_What the task requires_
Output the records again verbatim.

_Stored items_
────
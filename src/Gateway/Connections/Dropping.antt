-- ===== src/Gateway/Connections/Dropping.antt =====
-- A connection that closes (connection-manager.ts).
use sw_itch_remake.Base.{
  ℕ, ◌≡◌, true, none, some, arith, inl, inr, Option-cases, length-count, ite, ℕ_discrete,
}
use sw_itch_remake.Base.Maps.{get, delete, get-delete, delete-Unique, count-delete}
use sw_itch_remake.Types.{ActorId, ActorId-discrete}
use sw_itch_remake.Gateway.Connections.{ConnectionRecord, ConnectionManager, drop_record}
use sw_itch_remake.Gateway.Connections.Invariant.{Inv, waiting_at, signed_in_at, get-decrement}

module _ (m : ConnectionManager) (id : ℕ) (r : ConnectionRecord)
    (g : get ℕ_discrete id m.connections ≡ some r) (v : Inv m) where
  -- The user's entry goes, and no other one: `indexed` says that it names this connection.
  active-drop_record :
      (u w : ActorId)
      → r.user_id ≡ some u
      → get ActorId-discrete w (drop_record m id r).active_users
        ≡ ite (ActorId-discrete u w) none (get ActorId-discrete w m.active_users)
  unfolding drop_record
  active-drop_record u w e =
      ground (arith, v.indexed u id r g, get-delete ActorId-discrete w u m.active_users)

  drop_record-held :
      (w : ActorId) (j : ℕ)
      → get ActorId-discrete w (drop_record m id r).active_users ≡ some j
      → (q : ConnectionRecord) × (get ℕ_discrete j (drop_record m id r).connections ≡ some q)
        × (q.user_id ≡ some w)
  unfolding drop_record
  drop_record-held w j e = elim (Option-cases r.user_id) [
    | inl free ↦
        let (q, gq, eq) = v.held w j (ground arith) in
        (q, ground (arith, get-delete ℕ_discrete j id m.connections), eq)
    | inr (u, bound) ↦
        let (q, gq, eq) = v.held w j (ground (arith, active-drop_record u w bound)) in
        (
          q,
          ground (arith, get-delete ℕ_discrete j id m.connections, active-drop_record u w bound),
          eq,
        )
  ]

  drop_record-indexed :
      (w : ActorId) (j : ℕ) (q : ConnectionRecord)
      → get ℕ_discrete j (drop_record m id r).connections ≡ some q
      → q.user_id ≡ some w
      → get ActorId-discrete w (drop_record m id r).active_users ≡ some j
  unfolding drop_record
  drop_record-indexed w j q gq e = elim (Option-cases r.user_id) [
    | inl free ↦ ground (arith, v.indexed w j q, get-delete ℕ_discrete j id m.connections)
    | inr (u, bound) ↦ ground (
      arith,
      v.indexed w j q,
      v.indexed u id r g,
      get-delete ℕ_discrete j id m.connections,
      active-drop_record u w bound,
    )
  ]

  pub drop_record-Inv : Inv (drop_record m id r)
  unfolding drop_record
  drop_record-Inv = record {
    unique = ground (arith, v.unique, delete-Unique ℕ_discrete id m.connections v.unique);
    fresh = λ j le. ground (arith, get-delete ℕ_discrete j id m.connections, v.fresh j);
    waiting = λ ip. ground (
      arith,
      get-decrement r.ip ip m.unauthenticated_by_ip,
      v.waiting ip,
      count-delete ℕ_discrete (waiting_at ip) id m.connections v.unique,
    );
    signed_in = λ ip. ground (
      arith,
      get-decrement r.ip ip m.authenticated_by_ip,
      v.signed_in ip,
      count-delete ℕ_discrete (signed_in_at ip) id m.connections v.unique,
    );
    held = drop_record-held;
    indexed = drop_record-indexed;
    bounded = ground (
      arith,
      v.bounded,
      length-count (delete ℕ_discrete id m.connections),
      length-count m.connections,
      count-delete ℕ_discrete (λ _. true) id m.connections v.unique,
    );
    waiting_bounded =
        λ ip. ground (arith, v.waiting_bounded ip, get-decrement r.ip ip m.unauthenticated_by_ip);
    signed_in_bounded =
        λ ip. ground (arith, v.signed_in_bounded ip, get-decrement r.ip ip m.authenticated_by_ip);
  }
────
_Completed task_
filename src/Gateway/Connections/Dropping.antt
-- ===== src/Gateway/Connections/Dropping.antt =====
-- A connection that closes (connection-manager.ts).
use sw_itch_remake.Base.{
  ℕ, ◌≡◌, true, none, some, arith, inl, inr, Option-cases, length-count, ite, ℕ_discrete,
}
use sw_itch_remake.Base.Maps.{get, delete, get-delete, delete-Unique, count-delete}
use sw_itch_remake.Types.{ActorId, ActorId-discrete}
use sw_itch_remake.Gateway.Connections.{ConnectionRecord, ConnectionManager, drop_record}
use sw_itch_remake.Gateway.Connections.Invariant.{Inv, waiting_at, signed_in_at, get-decrement}

module _ (m : ConnectionManager) (id : ℕ) (r : ConnectionRecord)
    (g : get ℕ_discrete id m.connections ≡ some r) (v : Inv m) where
  -- The user's entry goes, and no other one: `indexed` says that it names this connection.
  active-drop_record :
      (u w : ActorId)
      → r.user_id ≡ some u
      → get ActorId-discrete w (drop_record m id r).active_users
        ≡ ite (ActorId-discrete u w) none (get ActorId-discrete w m.active_users)
  unfolding drop_record
  active-drop_record u w e =
      ground (arith, v.indexed u id r g, get-delete ActorId-discrete w u m.active_users)

  drop_record-held :
      (w : ActorId) (j : ℕ)
      → get ActorId-discrete w (drop_record m id r).active_users ≡ some j
      → (q : ConnectionRecord) × (get ℕ_discrete j (drop_record m id r).connections ≡ some q)
        × (q.user_id ≡ some w)
  unfolding drop_record
  drop_record-held w j e = elim (Option-cases r.user_id) [
    | inl free ↦
        let (q, gq, eq) = v.held w j (ground arith) in
        (q, ground (arith, get-delete ℕ_discrete j id m.connections), eq)
    | inr (u, bound) ↦
        let (q, gq, eq) = v.held w j (ground (arith, active-drop_record u w bound)) in
        (
          q,
          ground (arith, get-delete ℕ_discrete j id m.connections, active-drop_record u w bound),
          eq,
        )
  ]

  drop_record-indexed :
      (w : ActorId) (j : ℕ) (q : ConnectionRecord)
      → get ℕ_discrete j (drop_record m id r).connections ≡ some q
      → q.user_id ≡ some w
      → get ActorId-discrete w (drop_record m id r).active_users ≡ some j
  unfolding drop_record
  drop_record-indexed w j q gq e = elim (Option-cases r.user_id) [
    | inl free ↦ ground (arith, v.indexed w j q, get-delete ℕ_discrete j id m.connections)
    | inr (u, bound) ↦ ground (
      arith,
      v.indexed w j q,
      v.indexed u id r g,
      get-delete ℕ_discrete j id m.connections,
      active-drop_record u w bound,
    )
  ]

  pub drop_record-Inv : Inv (drop_record m id r)
  unfolding drop_record
  drop_record-Inv = record {
    unique = ground (arith, v.unique, delete-Unique ℕ_discrete id m.connections v.unique);
    fresh = λ j le. ground (arith, get-delete ℕ_discrete j id m.connections, v.fresh j);
    waiting = λ ip. ground (
      arith,
      get-decrement r.ip ip m.unauthenticated_by_ip,
      v.waiting ip,
      count-delete ℕ_discrete (waiting_at ip) id m.connections v.unique,
    );
    signed_in = λ ip. ground (
      arith,
      get-decrement r.ip ip m.authenticated_by_ip,
      v.signed_in ip,
      count-delete ℕ_discrete (signed_in_at ip) id m.connections v.unique,
    );
    held = drop_record-held;
    indexed = drop_record-indexed;
    bounded = ground (
      arith,
      v.bounded,
      length-count (delete ℕ_discrete id m.connections),
      length-count m.connections,
      count-delete ℕ_discrete (λ _. true) id m.connections v.unique,
    );
    waiting_bounded =
        λ ip. ground (arith, v.waiting_bounded ip, get-decrement r.ip ip m.unauthenticated_by_ip);
    signed_in_bounded =
        λ ip. ground (arith, v.signed_in_bounded ip, get-decrement r.ip ip m.authenticated_by_ip);
  }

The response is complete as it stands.